It is interesting that in Gondor, the inherent racism against intermingling with the Northmen led to a more "Numenorean" leader usurping the crown. Yet the rule of Castimir only led to neglect to much of Gondor for he turned his thought and resources toward the sea. Quite Numenorean I would say, yet it led to further strife and bloodshed when Eldecar returned with an army with Northmen. Yes it did lead to a weakening of Gondor, but obviously not enough for the forces of Mordor to overcome Gondor and Rohan on the battlefield. This was why the Ring was so critical.
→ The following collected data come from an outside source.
-- ===== src/Socket/Lifetime.antt =====
-- The descriptors of a socket over its life (tw/socket.cc).
use tw_server.Base.{
  ℕ, ◌≡◌, refl, sym, ◌∙◌, subst, Bool, true, false, not, List, [], ◌∷◌, ◌++◌, Option, none, some,
  if◌then◌else◌, Outcome, ok, fail, ◌>>=◌, inl, inr, Bool-cases, Option-cases,
}
use tw_server.Socket.{
  Family, Name, Socket, Answers, Effect, opened, closed, Done, new_socket, is_valid, fetch_name,
  get_local_address, get_remote_address, new_sock, ensure_valid, close, bind, connected, connect,
}

-- A descriptor is opened only while there is none, and the one that is closed is the one there is.
abbrev pub Balanced : Option ℕ → List Effect → Option ℕ → Type 0
Balanced o [] p = o ≡ p
Balanced o (opened fd ∷ l) p = (o ≡ none) × Balanced (some fd) l p
Balanced o (closed fd ∷ l) p = (o ≡ some fd) × Balanced none l p

Balanced-append :
    (o p q : Option ℕ) (l m : List Effect) → Balanced o l p → Balanced p m q → Balanced o (l ++ m) q
Balanced-append o p q [] m h k = subst (λ o. Balanced o m q) (sym h) k
Balanced-append o p q (opened fd ∷ l) m h k = (h.0, Balanced-append (some fd) p q l m h.1 k)
Balanced-append o p q (closed fd ∷ l) m h k = (h.0, Balanced-append none p q l m h.1 k)

-- A connected socket has a descriptor.
abbrev pub IsSound : Socket → Type 0
IsSound s = s.is_connected ≡ true → is_valid s ≡ true

abbrev pub IsKept : Socket → Done → Type 0
IsKept s d = Balanced s.sock d.effects d.socket.sock × IsSound d.socket

abbrev Holds : (Done → Type 0) → Outcome Done → Type 0
Holds P (ok d) = P d
Holds P (fail f) = Unit

if-Holds :
    (P : Done → Type 0) (b : Bool) (o p : Outcome Done)
    → Holds P o
    → Holds P p
    → Holds P (if b then o else p)
if-Holds P true o p h k = h
if-Holds P false o p h k = k

local-Holds :
    (P : Done → Type 0) (k : Answers) (s : Socket) (f : Socket → Outcome Done)
    → ((n : Option Name) → Holds P (f (record s { local_address = n })))
    → Holds P (get_local_address k s >>= f)
unfolding get_local_address
local-Holds P k s f h = go (fetch_name s.family k.getsockname s.local_address)
  where
    go :
        (o : Outcome (Option Name))
        → Holds P ((o >>= λ n. ok (record s { local_address = n })) >>= f)
    go (ok n) = h n
    go (fail e) = tt

remote-Holds :
    (P : Done → Type 0) (k : Answers) (s : Socket) (f : Socket → Outcome Done)
    → ((n : Option Name) → Holds P (f (record s { remote_address = n })))
    → Holds P (get_remote_address k s >>= f)
unfolding get_remote_address
remote-Holds P k s f h = go (fetch_name s.family k.getpeername s.remote_address)
  where
    go :
        (o : Outcome (Option Name))
        → Holds P ((o >>= λ n. ok (record s { remote_address = n })) >>= f)
    go (ok n) = h n
    go (fail e) = tt

no_sock : (o : Option ℕ) → (elim o [ none ↦ false | some fd ↦ true ]) ≡ false → o ≡ none
no_sock none e = refl
no_sock (some fd) e = cc

new_sock-IsKept :
    (k : Answers) (s : Socket) → is_valid s ≡ false → IsSound s → IsKept s (new_sock k s)
unfolding new_sock
new_sock-IsKept k s e h =
    let empty : s.sock ≡ none = no_sock s.sock e in
    elim (Option-cases k.socket) [
      | inl a ↦ rw a (empty, λ c. sym e ∙ h c)
      | inr (fd, a) ↦ rw a ((empty, refl), λ c. refl)
    ]

ensure_valid-IsKept : (k : Answers) (s : Socket) → IsSound s → IsKept s (ensure_valid k s)
unfolding ensure_valid
ensure_valid-IsKept k s h = elim (Bool-cases (is_valid s)) [
  | inl e ↦ rw e (refl, h)
  | inr e ↦ rw e (new_sock-IsKept k s e h)
]

close-IsKept : (s : Socket) → IsKept s (close s)
unfolding close
close-IsKept s = elim (Option-cases s.sock) [
  | inl e ↦ elim (Bool-cases s.is_connected) [
    | inl f ↦ rw (e, f) (refl, λ c. cc)
    | inr f ↦ rw (e, f) (refl, λ c. cc)
  ]
  | inr (fd, e) ↦ elim (Bool-cases s.is_connected) [
    | inl f ↦ rw (e, f) ((refl, refl), λ c. cc)
    | inr f ↦ rw (e, f) ((refl, refl), λ c. cc)
  ]
]

bind-IsKept : (k : Answers) (b : Bool) (s : Socket) → IsSound s → Holds (IsKept s) (bind k b s)
unfolding bind
bind-IsKept k b s h =
    let d = ensure_valid k s in
    let kept = ensure_valid-IsKept k s h in
    if-Holds (IsKept s) (not d.result) _ _ kept (
      if-Holds (IsKept s) (not b) _ _ kept (
        if-Holds (IsKept s) (not k.bind) _ _ kept (
          local-Holds (IsKept s) k d.socket (λ s'. ok (record d { socket = s'; result = true }))
            (λ n. kept))))

connected-IsKept :
    (k : Answers) (s : Socket) (d : Done)
    → IsKept s d
    → is_valid d.socket ≡ true
    → Holds (IsKept s) (connected k d)
unfolding connected
connected-IsKept k s d h v =
    let (shut, sound) = close-IsKept d.socket in
    if-Holds (IsKept s) (not k.connect) _ _
      (
        Balanced-append s.sock d.socket.sock (close d.socket).socket.sock d.effects
            (close d.socket).effects h.0 shut,
        sound,
      )
      (local-Holds (IsKept s) k (record d.socket { is_connected = true }) _
        (λ n.
          remote-Holds (IsKept s) k (record d.socket { is_connected = true; local_address = n }) _
            (λ m. (h.0, λ c. v))))

ensure_valid_lem :
    (k : Answers) (s : Socket) → (ensure_valid k s).result ≡ is_valid (ensure_valid k s).socket
unfolding ensure_valid new_sock
ensure_valid_lem k s = elim (Bool-cases (is_valid s)) [ inl e ↦ rw e (sym e) | inr e ↦ rw e refl ]

connect-IsKept :
    (k : Answers) (b : Bool) (s : Socket) → IsSound s → Holds (IsKept s) (connect k b s)
unfolding connect
connect-IsKept k b s h =
    let d = ensure_valid k s in
    let kept = ensure_valid-IsKept k s h in
    elim (Bool-cases d.result) [
      | inr e ↦ rw e kept
      | inl e ↦ rw e (
          if-Holds (IsKept s) (not b) _ (connected k d) kept
            (connected-IsKept k s d kept (sym (ensure_valid_lem k s) ∙ e)))
    ]

-- A life of a socket: binding, connecting and closing, whatever the system answers.
pub data Step (s : Socket) : Done → Type 0 where
  binds : (k : Answers) (b : Bool) (d : Done) → bind k b s ≡ ok d → Step s d
  connects : (k : Answers) (b : Bool) (d : Done) → connect k b s ≡ ok d → Step s d
  closes : Step s (close s)

-- With what has happened to descriptors so far.
pub data Life (f : Family) : List Effect → Socket → Type 0 where
  born : Life f [] (new_socket f)
  next :
      {l : List Effect} {s : Socket} {d : Done}
      → Life f l s
      → Step s d
      → Life f (l ++ d.effects) d.socket

Step-IsKept : {s : Socket} {d : Done} → Step s d → IsSound s → IsKept s d
Step-IsKept {s} (binds k b d e) h = subst (Holds (IsKept s)) e (bind-IsKept k b s h)
Step-IsKept {s} (connects k b d e) h = subst (Holds (IsKept s)) e (connect-IsKept k b s h)
Step-IsKept {s} closes h = close-IsKept s

Life-Balanced :
    {f : Family} {l : List Effect} {s : Socket} → Life f l s → Balanced none l s.sock × IsSound s
unfolding new_socket
Life-Balanced born = (refl, λ c. cc)
Life-Balanced (next {l} {s} {d} r st) =
    let (so_far, sound) = Life-Balanced r in
    let (kept, sound') = Step-IsKept st sound in
    (Balanced-append none s.sock d.socket.sock l d.effects so_far kept, sound')

close_empties : (s : Socket) → (close s).socket.sock ≡ none
unfolding close
close_empties s = elim (Option-cases s.sock) [
  | inl e ↦ elim (Bool-cases s.is_connected) [ inl f ↦ rw (e, f) refl | inr f ↦ rw (e, f) refl ]
  | inr (fd, e) ↦ elim (Bool-cases s.is_connected) [
    | inl f ↦ rw (e, f) refl
    | inr f ↦ rw (e, f) refl
  ]
]

-- Over the whole life of a socket, which its destructor ends with `close`, a descriptor is opened
-- only while there is none, every one that was opened is closed, and none twice.
pub Life-close :
    {f : Family} {l : List Effect} {s : Socket}
    → Life f l s
    → Balanced none (l ++ (close s).effects) none
Life-close {l = l} {s} r =
    let (so_far, _) = Life-Balanced r in
    let (kept, _) = close-IsKept s in
    Balanced-append none s.sock none l (close s).effects so_far
      (subst (Balanced s.sock (close s).effects) (close_empties s) kept)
Adding to this discussion. Before Arnor was divided, surely there was a growing dissention among the regions many years before. It looks like the three sons of Earendur were born in the time of King Elendur, so possibly the seeds of Arnor's division were planted even then.


----------



## Rōmānus (Mar 30, 2022)

I would not call what happened in Eriador a civil war since they were three separate kingdoms constantly at odds. Gondor’s was a civil war which did end up weakening superior bloodlines since they died out. The dunédain had always been a really small minority in Gondor anyway (LotR, Appendix F) and this just made it worse, like the Great Plague did. I would say that the fighting of the dunédain in Eriador was worse since it ended up in the destruction of all their kingdoms. Gondor had lost the royal house, but the dunédain nobility were still around and so was Gondor with its shrinking borders.


----------